## Your assignment
Comb the records below for the string "false" and copy each line where it turns up.

## Collected data
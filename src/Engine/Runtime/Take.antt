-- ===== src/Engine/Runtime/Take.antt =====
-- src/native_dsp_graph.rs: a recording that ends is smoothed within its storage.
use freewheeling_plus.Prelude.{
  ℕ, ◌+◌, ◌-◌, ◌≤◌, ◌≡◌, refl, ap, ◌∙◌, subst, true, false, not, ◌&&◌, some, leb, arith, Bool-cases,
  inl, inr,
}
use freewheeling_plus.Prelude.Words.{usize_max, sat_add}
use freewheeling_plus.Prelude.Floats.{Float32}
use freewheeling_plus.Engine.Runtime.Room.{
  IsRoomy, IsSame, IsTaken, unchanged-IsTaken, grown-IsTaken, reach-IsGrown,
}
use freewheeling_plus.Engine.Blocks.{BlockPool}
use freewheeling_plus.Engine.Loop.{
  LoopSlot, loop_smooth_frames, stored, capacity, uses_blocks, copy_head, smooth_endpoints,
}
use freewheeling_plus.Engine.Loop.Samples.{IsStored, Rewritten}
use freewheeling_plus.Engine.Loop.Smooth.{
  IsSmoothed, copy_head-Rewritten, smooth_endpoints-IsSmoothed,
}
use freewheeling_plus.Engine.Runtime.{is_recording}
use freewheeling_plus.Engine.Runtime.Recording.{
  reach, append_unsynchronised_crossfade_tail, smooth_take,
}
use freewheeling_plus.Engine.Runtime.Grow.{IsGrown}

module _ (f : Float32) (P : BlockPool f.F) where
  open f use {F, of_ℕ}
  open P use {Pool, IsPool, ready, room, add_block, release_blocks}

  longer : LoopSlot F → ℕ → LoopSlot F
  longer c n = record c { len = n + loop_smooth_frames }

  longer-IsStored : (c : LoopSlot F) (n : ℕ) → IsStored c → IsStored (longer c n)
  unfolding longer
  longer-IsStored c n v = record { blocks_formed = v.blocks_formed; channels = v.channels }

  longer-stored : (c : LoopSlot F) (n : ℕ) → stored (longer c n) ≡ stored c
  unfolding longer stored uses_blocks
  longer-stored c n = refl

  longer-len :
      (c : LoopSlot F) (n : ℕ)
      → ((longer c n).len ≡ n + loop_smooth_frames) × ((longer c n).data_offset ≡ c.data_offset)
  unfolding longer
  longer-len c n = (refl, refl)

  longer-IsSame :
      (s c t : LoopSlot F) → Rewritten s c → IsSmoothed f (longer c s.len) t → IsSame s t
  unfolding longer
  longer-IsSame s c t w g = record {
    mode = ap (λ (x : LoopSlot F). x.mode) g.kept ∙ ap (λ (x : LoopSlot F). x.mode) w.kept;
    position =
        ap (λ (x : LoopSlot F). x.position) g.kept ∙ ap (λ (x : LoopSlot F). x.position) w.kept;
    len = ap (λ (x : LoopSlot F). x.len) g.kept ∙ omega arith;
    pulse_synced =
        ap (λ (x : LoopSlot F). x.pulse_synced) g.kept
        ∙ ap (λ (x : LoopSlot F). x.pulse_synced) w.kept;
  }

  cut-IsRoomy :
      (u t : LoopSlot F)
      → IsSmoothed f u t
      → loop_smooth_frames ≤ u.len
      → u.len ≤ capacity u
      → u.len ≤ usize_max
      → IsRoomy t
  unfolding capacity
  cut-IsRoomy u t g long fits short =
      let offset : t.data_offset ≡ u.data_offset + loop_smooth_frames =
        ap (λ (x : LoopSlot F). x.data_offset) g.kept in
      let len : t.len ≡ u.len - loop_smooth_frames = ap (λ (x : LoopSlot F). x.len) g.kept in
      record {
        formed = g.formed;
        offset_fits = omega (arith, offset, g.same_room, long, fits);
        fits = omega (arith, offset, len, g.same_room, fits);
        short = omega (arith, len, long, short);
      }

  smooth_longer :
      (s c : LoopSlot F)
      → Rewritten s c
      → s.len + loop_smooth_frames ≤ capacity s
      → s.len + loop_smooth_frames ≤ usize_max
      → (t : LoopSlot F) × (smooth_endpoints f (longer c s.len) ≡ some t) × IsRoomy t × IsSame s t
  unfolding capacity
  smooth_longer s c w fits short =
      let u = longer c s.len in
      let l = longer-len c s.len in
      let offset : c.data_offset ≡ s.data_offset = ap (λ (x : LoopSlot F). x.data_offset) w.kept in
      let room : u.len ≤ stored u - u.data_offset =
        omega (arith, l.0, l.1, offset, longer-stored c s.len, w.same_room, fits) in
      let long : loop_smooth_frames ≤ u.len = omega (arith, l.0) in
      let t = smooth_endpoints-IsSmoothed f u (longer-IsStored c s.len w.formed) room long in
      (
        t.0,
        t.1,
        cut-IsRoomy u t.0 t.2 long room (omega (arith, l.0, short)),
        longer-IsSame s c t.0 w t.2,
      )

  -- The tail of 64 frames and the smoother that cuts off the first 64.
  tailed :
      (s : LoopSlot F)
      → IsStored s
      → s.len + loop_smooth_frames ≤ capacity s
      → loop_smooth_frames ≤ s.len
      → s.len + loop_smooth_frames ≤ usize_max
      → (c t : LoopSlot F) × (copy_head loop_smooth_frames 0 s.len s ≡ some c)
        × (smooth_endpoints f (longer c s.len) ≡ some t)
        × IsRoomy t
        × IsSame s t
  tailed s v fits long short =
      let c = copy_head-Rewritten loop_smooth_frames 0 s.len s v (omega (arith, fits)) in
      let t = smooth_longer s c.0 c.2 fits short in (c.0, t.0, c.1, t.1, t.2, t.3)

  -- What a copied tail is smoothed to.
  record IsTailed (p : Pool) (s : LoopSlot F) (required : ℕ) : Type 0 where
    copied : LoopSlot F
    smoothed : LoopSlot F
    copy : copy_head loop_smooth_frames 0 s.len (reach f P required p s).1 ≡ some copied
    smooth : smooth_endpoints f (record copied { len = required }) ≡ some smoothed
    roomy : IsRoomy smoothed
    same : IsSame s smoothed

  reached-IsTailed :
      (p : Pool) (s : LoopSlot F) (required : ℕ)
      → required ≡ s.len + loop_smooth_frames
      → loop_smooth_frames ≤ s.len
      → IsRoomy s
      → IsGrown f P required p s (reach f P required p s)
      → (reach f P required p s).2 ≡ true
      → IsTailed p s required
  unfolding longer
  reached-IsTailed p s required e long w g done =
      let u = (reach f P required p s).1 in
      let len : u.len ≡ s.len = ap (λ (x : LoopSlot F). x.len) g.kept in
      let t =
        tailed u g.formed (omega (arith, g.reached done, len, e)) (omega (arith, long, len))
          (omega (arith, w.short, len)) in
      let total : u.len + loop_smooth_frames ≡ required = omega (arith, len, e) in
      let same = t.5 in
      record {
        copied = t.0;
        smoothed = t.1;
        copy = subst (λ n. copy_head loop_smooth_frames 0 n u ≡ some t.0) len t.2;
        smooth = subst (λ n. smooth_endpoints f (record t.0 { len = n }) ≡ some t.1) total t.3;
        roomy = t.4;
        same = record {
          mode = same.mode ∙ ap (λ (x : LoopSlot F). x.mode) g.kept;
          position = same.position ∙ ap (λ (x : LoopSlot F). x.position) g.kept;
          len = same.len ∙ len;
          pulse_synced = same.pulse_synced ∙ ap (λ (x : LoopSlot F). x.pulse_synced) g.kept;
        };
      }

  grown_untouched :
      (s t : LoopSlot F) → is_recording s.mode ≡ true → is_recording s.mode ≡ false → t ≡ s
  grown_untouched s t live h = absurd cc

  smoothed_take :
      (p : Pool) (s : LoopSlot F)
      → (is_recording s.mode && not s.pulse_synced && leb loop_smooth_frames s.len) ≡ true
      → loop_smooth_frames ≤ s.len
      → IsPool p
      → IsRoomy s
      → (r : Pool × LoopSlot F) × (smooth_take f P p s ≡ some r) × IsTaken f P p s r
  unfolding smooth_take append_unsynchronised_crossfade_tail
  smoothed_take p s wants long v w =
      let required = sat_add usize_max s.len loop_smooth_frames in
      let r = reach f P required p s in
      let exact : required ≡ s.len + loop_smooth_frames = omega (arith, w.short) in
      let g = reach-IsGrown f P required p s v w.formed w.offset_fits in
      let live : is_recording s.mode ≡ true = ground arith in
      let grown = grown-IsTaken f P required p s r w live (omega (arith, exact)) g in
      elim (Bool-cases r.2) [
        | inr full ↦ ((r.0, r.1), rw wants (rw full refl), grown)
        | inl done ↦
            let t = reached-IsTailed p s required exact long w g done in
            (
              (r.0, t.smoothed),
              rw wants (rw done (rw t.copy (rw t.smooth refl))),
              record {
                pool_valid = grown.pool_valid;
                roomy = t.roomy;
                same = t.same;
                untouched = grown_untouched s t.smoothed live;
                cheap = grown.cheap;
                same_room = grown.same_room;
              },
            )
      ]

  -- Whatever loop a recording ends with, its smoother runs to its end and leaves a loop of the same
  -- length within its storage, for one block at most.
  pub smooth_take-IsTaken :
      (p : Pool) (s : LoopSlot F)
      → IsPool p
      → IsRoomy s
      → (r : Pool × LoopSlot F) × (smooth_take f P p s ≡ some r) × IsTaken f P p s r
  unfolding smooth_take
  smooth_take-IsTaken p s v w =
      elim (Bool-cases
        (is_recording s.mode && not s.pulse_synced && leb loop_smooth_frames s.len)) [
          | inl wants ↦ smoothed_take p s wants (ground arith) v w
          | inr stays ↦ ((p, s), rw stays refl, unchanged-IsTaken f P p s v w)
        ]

## Answer to the problem
  ℕ, ◌+◌, ◌-◌, ◌≤◌, ◌≡◌, refl, ap, ◌∙◌, subst, true, false, not, ◌&&◌, some, leb, arith, Bool-cases,
      (s t : LoopSlot F) → is_recording s.mode ≡ true → is_recording s.mode ≡ false → t ≡ s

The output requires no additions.